A blog series about our Lizard Island Research Station's recovery from 2015’s Cyclone Nathan.

Lizard Island Blog – 19 March 2015

Cyclone Nathan is expected to hit Lizard Island in the early hours of Friday 20 March and grow to a Category 4 storm, hitting landfall at Cape Flattery at 4 am. Lying directly in its path is the Australian Museum’s Lizard Island Research Station, one of the world’s finest coral reef research facilities.

All 33 researchers and station staff were evacuated from Lizard Island on 18 March, and are safely in Cairns waiting out the storm.

Last week, Cyclone Nathan was forecast to pass near the island so we packed up the station and slept in the (cyclone-proof) lab for two nights. During this time, the cyclone moved away and no damage occurred.

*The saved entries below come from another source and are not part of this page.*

-- ===== src/Dogstatsd/Payload.antt =====
-- dogstatsd.py: serialize_metrics, with json.dumps, zlib.compress and the replacement of bad characters
-- as parameters.
use dd_agent.Prelude.{
  ℕ, ◌≤◌, ◌<◌, ◌≡◌, ◌∙◌, refl, ap, sym, Option, none, some, List, [], ◌∷◌, ◌++◌, Bool, true, false,
  ltb, if◌then◌else◌, length, ◌⊎◌, Option-cases, Bool-cases, inl, inr, arith, some_injective,
}
use dd_agent.Prelude.Text.{Text, codes}

-- json.dumps of {"series": metrics}: a text, a UnicodeDecodeError, or another exception
pub data Dumped : Type 0 where
  json : Text → Dumped
  undecodable unserializable : Dumped

-- json.dumps, unicode(s, errors='replace') on each text of a metric, which raises a TypeError where one
-- is unicode already, add_serialization_status_metric at the time of the call, and zlib.compress
pub record Encoding (P : Type 0) : Type 0 where
  pub dumps : List P → Dumped
  pub unicode_metric : P → Option P
  pub status_metric : Text → P
  pub compress : Text → Text

-- len(serialized) > COMPRESS_THRESHOLD; headers holds 'Content-Encoding' if deflated
abbrev pub compress_threshold : ℕ
compress_threshold = 1024

pub record Body : Type 0 where
  pub body : Text
  pub deflated : Bool

module _ {P : Type 0} (enc : Encoding P) where
  unfoldable pub unicode_metrics : List P → Option (List P)
  unicode_metrics [] = some []
  unicode_metrics (m ∷ ms) = elim (enc.unicode_metric m) [
    | none ↦ none
    | some m' ↦ elim (unicode_metrics ms) [ none ↦ none | some ms' ↦ some (m' ∷ ms') ]
  ]

  -- The handlers: each gives the series that is serialized, and its text. `none` is an exception that
  -- leaves serialize_metrics.
  abbrev pub last_attempt : List P → Dumped → Option (List P × Text)
  last_attempt ms (json t) = some (ms, t)
  last_attempt ms undecodable = none
  last_attempt ms unserializable = none

  abbrev pub give_up : Option (List P × Text)
  give_up =
      let gone = enc.status_metric (codes "permanent_failure") ∷ [] in
      last_attempt gone (enc.dumps gone)

  abbrev pub second_attempt : List P → Dumped → Option (List P × Text)
  second_attempt ms (json t) = some (ms, t)
  second_attempt ms undecodable = give_up
  second_attempt ms unserializable = give_up

  abbrev pub replaced : Option (List P) → Option (List P × Text)
  replaced none = give_up
  replaced (some ms) = second_attempt ms (enc.dumps ms)

  -- except UnicodeDecodeError
  abbrev pub first_attempt : List P → Dumped → Option (List P × Text)
  first_attempt ms (json t) = some (ms, t)
  first_attempt ms undecodable =
      replaced (unicode_metrics (ms ++ enc.status_metric (codes "failure") ∷ []))
  first_attempt ms unserializable = none

  unfoldable pub serialized : List P → Option (List P × Text)
  unfolding unicode_metrics
  serialized metrics =
      let metrics = metrics ++ enc.status_metric (codes "success") ∷ [] in
      first_attempt metrics (enc.dumps metrics)

  abbrev pub body_of : Text → Body
  body_of text =
      if ltb compress_threshold (length text)
      then record { body = enc.compress text; deflated = true }
      else record { body = text; deflated = false }

  unfoldable pub serialize_metrics : List P → Option Body
  unfolding serialized
  serialize_metrics metrics = elim (serialized metrics) [
    | none ↦ none
    | some (_, text) ↦ some (body_of text)
  ]

  pub serialize_metrics-serialized :
      (metrics sent : List P) (t : Text)
      → serialized metrics ≡ some (sent, t)
      → serialize_metrics metrics ≡ some (body_of t)
  unfolding serialize_metrics
  serialize_metrics-serialized metrics sent t e = rw (e, serialize_metrics) refl

  -- The metrics with the status of a success, as the first json.dumps is given them, and the metrics of
  -- the second one before their characters are replaced.
  abbrev pub with_success : List P → List P
  with_success metrics = metrics ++ enc.status_metric (codes "success") ∷ []

  abbrev pub with_failure : List P → List P
  with_failure metrics = with_success metrics ++ enc.status_metric (codes "failure") ∷ []

  -- What is sent: all metrics with the status of a success; or all with replaced characters and two
  -- statuses, where the first json.dumps had a UnicodeDecodeError; or the status of a permanent failure
  -- alone, where moreover the replacement or the second json.dumps raised.
  abbrev pub Sends : List P → List P → Type 0
  Sends metrics sent =
      (sent ≡ with_success metrics)
      ⊎ ((enc.dumps (with_success metrics) ≡ undecodable)
          × ((unicode_metrics (with_failure metrics) ≡ some sent)
              ⊎ ((sent ≡ enc.status_metric (codes "permanent_failure") ∷ [])
                  × ((ms : List P) (t : Text)
                      → unicode_metrics (with_failure metrics) ≡ some ms
                      → ¬ (enc.dumps ms ≡ json t)))))

  -- The body is the text, compressed exactly if it is longer than 1,024.
  abbrev pub Carries : Body → Text → Type 0
  Carries b t =
      ((length t ≤ 1024) × (b ≡ record { body = t; deflated = false }))
      ⊎ ((1024 < length t) × (b ≡ record { body = enc.compress t; deflated = true }))

  body_of-Carries : (t : Text) → Carries (body_of t) t
  body_of-Carries t = elim (Bool-cases (ltb compress_threshold (length t))) [
    | inl long ↦ rw long (inr (ground arith, refl))
    | inr short ↦ rw short (inl (ground arith, refl))
  ]

  Dumped-cases :
      (d : Dumped) → ((t : Text) × (d ≡ json t)) ⊎ ((d ≡ undecodable) ⊎ (d ≡ unserializable))
  Dumped-cases (json t) = inl (t, refl)
  Dumped-cases undecodable = inr (inl refl)
  Dumped-cases unserializable = inr (inr refl)

  json_injective : {a b : Text} → json a ≡ json b → a ≡ b
  json_injective e = cc

  abbrev Returns : List P → Type 0
  Returns metrics =
      (sent : List P) × (t : Text) × (enc.dumps sent ≡ json t)
      × (serialized metrics ≡ some (sent, t))
      × Sends metrics sent

  gives_up :
      (metrics : List P) (t : Text)
      → enc.dumps (with_success metrics) ≡ undecodable
      → enc.dumps (enc.status_metric (codes "permanent_failure") ∷ []) ≡ json t
      → replaced (unicode_metrics (with_failure metrics)) ≡ give_up
      → ((ms : List P) (t : Text)
          → unicode_metrics (with_failure metrics) ≡ some ms
          → ¬ (enc.dumps ms ≡ json t))
      → Returns metrics
  unfolding serialized
  gives_up metrics t n h e fails = (
    enc.status_metric (codes "permanent_failure") ∷ [],
    t,
    h,
    ap (first_attempt (with_success metrics)) n ∙ e ∙ ap (last_attempt _) h,
    inr (n, inr (refl, fails)),
  )

  serialized-undecodable :
      (metrics : List P) (t : Text)
      → enc.dumps (with_success metrics) ≡ undecodable
      → enc.dumps (enc.status_metric (codes "permanent_failure") ∷ []) ≡ json t
      → Returns metrics
  unfolding serialized
  serialized-undecodable metrics t n h =
      elim (Option-cases (unicode_metrics (with_failure metrics))) [
        | inl raises ↦ gives_up metrics t n h (ap replaced raises) (λ ms u e. cc)
        | inr (ms, e) ↦ elim (Dumped-cases (enc.dumps ms)) [
          | inl (u, f) ↦ (
            ms,
            u,
            f,
            ap (first_attempt (with_success metrics)) n ∙ ap replaced e ∙ ap (second_attempt ms) f,
            inr (n, inl e),
          )
          | inr (inl f) ↦
              gives_up metrics t n h (ap replaced e ∙ ap (second_attempt ms) f)
                (λ ms' u e' f'. let same : ms ≡ ms' = some_injective (sym e ∙ e') in cc)
          | inr (inr f) ↦
              gives_up metrics t n h (ap replaced e ∙ ap (second_attempt ms) f)
                (λ ms' u e' f'. let same : ms ≡ ms' = some_injective (sym e ∙ e') in cc)
        ]
      ]

  -- Where json.dumps serializes the one metric that reports a permanent failure, and the first json.dumps
  -- returns or has a UnicodeDecodeError, serialize_metrics returns, and json.dumps gives a text of what is
  -- sent, which is the body, compressed exactly if it is longer than 1,024. What is sent is all metrics
  -- with the status of a success; or, only after a UnicodeDecodeError, all metrics with replaced
  -- characters and the statuses of a success and of a failure; or, only where then the replacement or
  -- the second json.dumps raised, the status of a permanent failure alone.
  pub serialize_metrics-returns :
      (metrics : List P) (t : Text)
      → enc.dumps (enc.status_metric (codes "permanent_failure") ∷ []) ≡ json t
      → ¬ (enc.dumps (metrics ++ enc.status_metric (codes "success") ∷ []) ≡ unserializable)
      → (sent : List P) × (u : Text) × (b : Body) × (serialize_metrics metrics ≡ some b)
        × (enc.dumps sent ≡ json u)
        × Carries b u
        × Sends metrics sent
  unfolding serialized
  serialize_metrics-returns metrics t h no_other =
      elim (Dumped-cases (enc.dumps (with_success metrics))) [
        | inl (u, e) ↦ (
          with_success metrics,
          u,
          body_of u,
          serialize_metrics-serialized metrics (with_success metrics) u
              (ap (first_attempt (with_success metrics)) e),
          e,
          body_of-Carries u,
          inl refl,
        )
        | inr (inl n) ↦
            let (sent, u, e, f, sends) = serialized-undecodable metrics t n h in
            (
              sent,
              u,
              body_of u,
              serialize_metrics-serialized metrics sent u f,
              e,
              body_of-Carries u,
              sends,
            )
        | inr (inr other) ↦ absurd (no_other other)
      ]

But just as we were unpacking, Cyclone Nathan made a U-turn and headed back towards us again. The 33 of us at the station were evacuated on three flights to Cairns.

The research taking place at Lizard Island has been greatly disrupted. The research station is one of the few places in the world where field-based reef research can be done alongside lab-based experiments.

Exciting and long-term research projects underway were cut short, including two climate change-related projects. Steve Doo had an experiment running to determine how epiphytic organisms that live on macroalgae could protect their host in a warming and acidifying ocean. Lauren Nadler had experiments underway to see how fish schooling behaviour is affected by increasing temperatures and ocean acidification. Many other experiments had to be terminated, and will have to be restarted when the research station reopens.

While we wait out this cyclone, we can only hope that the research station escapes serious damage, as it did in the wake of Cyclone Ita last year.